**What is required**
Identify all lines in the data containing the string "payloads". Copy them out.

[Opening Raw data section]

-- ===== src/Client/Perf/Exchange.antt =====
-- `client_echo_perf`, its second phase: the messages. The list holds the lengths that are drawn for the payloads,
-- until the time is up. A hash in an answer that is not the payload's is printed and passed over.
use rdrive.Base.{ℕ, true, List, [], ◌∷◌, Bytes}
use rdrive.Fault.{handshake_failed, serialize_failed, deserialize_failed}
use rdrive.Run.{Run, ◌>>=◌, ◌>>◌, pure, gets, lift, or_fail}
use rdrive.Crypto.{Primitives}
use rdrive.Wire.{Wire, draw, map_err, shutdown}
use rdrive.Wire.Frames.{read_encrypt_data_into, write_encrypt_frame_into}
use rdrive.Header.{EchoDebugHeader, echo}
use rdrive.Server.{Site}
use rdrive.Client.{Profile, Client, on_wire}
use rdrive.Client.Handshake.{client_handshake}
use rdrive.Client.Perf.Echoes.{Echoed, Averages, no_averages, record_echo, EchoReport, report_of}

abbrev pub timed : EchoDebugHeader → ℕ → Echoed
timed header rtt_ms = record {
  payload_len = header.payload_len;
  process_ms = header.process_ms;
  rtt_ms = rtt_ms;
}

module _ (P : Primitives) (C : Site) where
  module _ (session_key : Bytes) where
    -- One payload, and the answer to it.
    unfoldable pub echo_round : Bytes → Run Wire EchoDebugHeader
    echo_round rand_payload = do
      write_encrypt_frame_into P session_key rand_payload
      response ← read_encrypt_data_into P session_key
      or_fail (C.echo_debug.deserialize response) deserialize_failed

    -- The `while` loop. The round trip's milliseconds are by the number of draws, like the readings of the clock.
    unfoldable pub echo_rounds : (ℕ → ℕ) → List ℕ → Averages → Run Wire Averages
    echo_rounds rtt [] a = pure a
    echo_rounds rtt (rand_len ∷ rest) a = draw P rand_len >>= λ rand_payload.
        echo_round rand_payload >>= λ header. gets (λ w. rtt w.draws) >>= λ rtt_ms.
        echo_rounds rtt rest (record_echo (timed header rtt_ms) a)

  -- The second phase, from its own handshake on.
  unfoldable pub echo_phase : Profile → (ℕ → ℕ) → List ℕ → Run Client EchoReport
  echo_phase U rtt rand_lens = do
    session_key ← map_err handshake_failed (client_handshake P C U true)
    request ← or_fail (C.command.serialize echo) serialize_failed
    on_wire (write_encrypt_frame_into P session_key request)
    averages ← on_wire (echo_rounds session_key rtt rand_lens no_averages)
    report ← lift (report_of averages)
    on_wire shutdown
    pure report
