-- ===== src/Client/Perf/Dialing.antt =====
-- `client_echo_perf`, its first phase with the connections that it tries, and both phases. The list holds what each
-- `TcpStream::connect` gives, until the time is up.
use rdrive.Base.{
  ℕ, ◌+◌, ◌≡◌, true, List, [], ◌∷◌, ◌++◌, ltb, arith, Bool-cases, inl, inr, if◌then◌else◌,
}
use rdrive.Base.Outcome.{Outcome, ok, err, panic, pending}
use rdrive.Fault.{Fault}
use rdrive.Run.{Run, ◌>>=◌, ◌>>◌, pure, modify, lift}
use rdrive.Run.Laws.{>>=-eq-ok}
use rdrive.Crypto.{Primitives}
use rdrive.Wire.{Wire}
use rdrive.Server.{Site}
use rdrive.Client.{Profile, Client}
use rdrive.Client.Handshake.{client_handshake}
use rdrive.Client.Perf.{
  Attempt, connected, out_of_ports, failed, Sample, no_sample, handshake_port_cap,
  sample_handshakes, Report, sample_report,
}
use rdrive.Client.Perf.Echoes.{EchoReport}
use rdrive.Client.Perf.Exchange.{echo_phase}

pub data Dial : Type 0 where
  -- `AddrInUse` or `AddrNotAvailable`
  no_port : Dial
  unreachable : Dial
  over : (wire : Wire) → Dial

-- What the network, the clock and the source of the lengths give to one run: what each connect gives, the whole
-- seconds of the first phase and the microseconds of its latencies, the connection of the second phase, the
-- milliseconds of its round trips, and the lengths of its payloads.
pub record Conditions : Type 0 where
  pub dials : List Dial
  pub sample_elapsed : ℕ
  pub latency_us : ℕ → ℕ
  pub wire : Wire
  pub rtt : ℕ → ℕ
  pub rand_lens : List ℕ

module _ (P : Primitives) (C : Site) (U : Profile) (latency_us : ℕ → ℕ) where
  -- `match client_handshake_helper(…).await`, on its result.
  abbrev pub ended : {A : Type 0} → Outcome Fault A × Client → Outcome Fault Attempt × Client
  ended (ok key, c) =
      (ok (connected (latency_us c.wire.draws)), record c { wire = record c.wire { shut = true } })
  ended (err e, c) = (ok failed, c)
  ended (panic, c) = (panic, c)
  ended (pending, c) = (pending, c)

  unfoldable pub attempt_handshake : Dial → Run Client Attempt
  attempt_handshake no_port c = (ok out_of_ports, c)
  attempt_handshake unreachable c = (ok failed, c)
  attempt_handshake (over wire) c = ended (client_handshake P C U true (record c { wire = wire }))

  -- The arms of the `match`, on the rest of the loop.
  abbrev pub count_attempt : (Sample → Run Client Sample) → Sample → Attempt → Run Client Sample
  count_attempt more s (connected elapsed_us) =
      more (record s { hss = s.hss + 1; latencies = s.latencies ++ (elapsed_us ∷ []) })
  count_attempt more s out_of_ports = pure s
  count_attempt more s failed = more (record s { hsf = s.hsf + 1 })

  -- The `while` loop.
  unfoldable pub dial_handshakes : List Dial → Sample → Run Client Sample
  dial_handshakes [] s = pure s
  dial_handshakes (dial ∷ rest) s =
      let more = attempt_handshake dial >>= count_attempt (dial_handshakes rest) s in
      if ltb s.hss handshake_port_cap then more else pure s

  -- The sample is one that `sample_handshakes` makes of some attempts.
  abbrev IsSample : Sample → Sample → Type 0
  IsSample s s' = (attempts : List Attempt) × (sample_handshakes attempts s ≡ s')

  count_attempt-IsSample :
      (more : Sample → Run Client Sample) (a : Attempt) (s s' : Sample) (c c' : Client)
      → ltb s.hss handshake_port_cap ≡ true
      → ((t : Sample) → more t c ≡ (ok s', c') → IsSample t s')
      → count_attempt more s a c ≡ (ok s', c')
      → IsSample s s'
  unfolding sample_handshakes
  count_attempt-IsSample more (connected t) s s' c c' go rest h =
      let (attempts, e) = rest _ h in (connected t ∷ attempts, rw go e)
  count_attempt-IsSample more out_of_ports s s' c c' go rest h = ([], ground (arith, h))
  count_attempt-IsSample more failed s s' c c' go rest h =
      let (attempts, e) = rest _ h in (failed ∷ attempts, rw go e)

  -- A loop that comes to its end has a sample that `sample_handshakes` makes of some attempts.
  dial_handshakes-IsSample :
      (dials : List Dial) (s s' : Sample) (c c' : Client)
      → dial_handshakes dials s c ≡ (ok s', c')
      → IsSample s s'
  unfolding dial_handshakes sample_handshakes
  dial_handshakes-IsSample [] s s' c c' h = ([], ground (arith, h))
  dial_handshakes-IsSample (dial ∷ rest) s s' c c' h =
      elim (Bool-cases (ltb s.hss handshake_port_cap)) [
        | inr stop ↦ ([], ground (arith, (rw stop at h)))
        | inl go ↦
            let (a, c₁, _, k) =
              >>=-eq-ok (attempt_handshake dial) (count_attempt (dial_handshakes rest) s) c
                (rw go at h) in
            count_attempt-IsSample (dial_handshakes rest) a s s' c₁ c' go
              (λ t. dial_handshakes-IsSample rest t s' c₁ c') k
      ]

-- Both phases; the second has a connection of its own.
unfoldable pub client_echo_perf :
    Primitives → Site → Profile → Conditions → Run Client (Report × EchoReport)
client_echo_perf P C U given = do
  s ← dial_handshakes P C U given.latency_us given.dials no_sample
  report ← lift (sample_report given.sample_elapsed s)
  modify (λ c. record c { wire = given.wire })
  echo_report ← echo_phase P C U given.rtt given.rand_lens
  pure (report, echo_report)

[Closing Raw data section]

**Finished exercise**
-- `client_echo_perf`, its second phase: the messages. The list holds the lengths that are drawn for the payloads,
-- milliseconds of its round trips, and the lengths of its payloads.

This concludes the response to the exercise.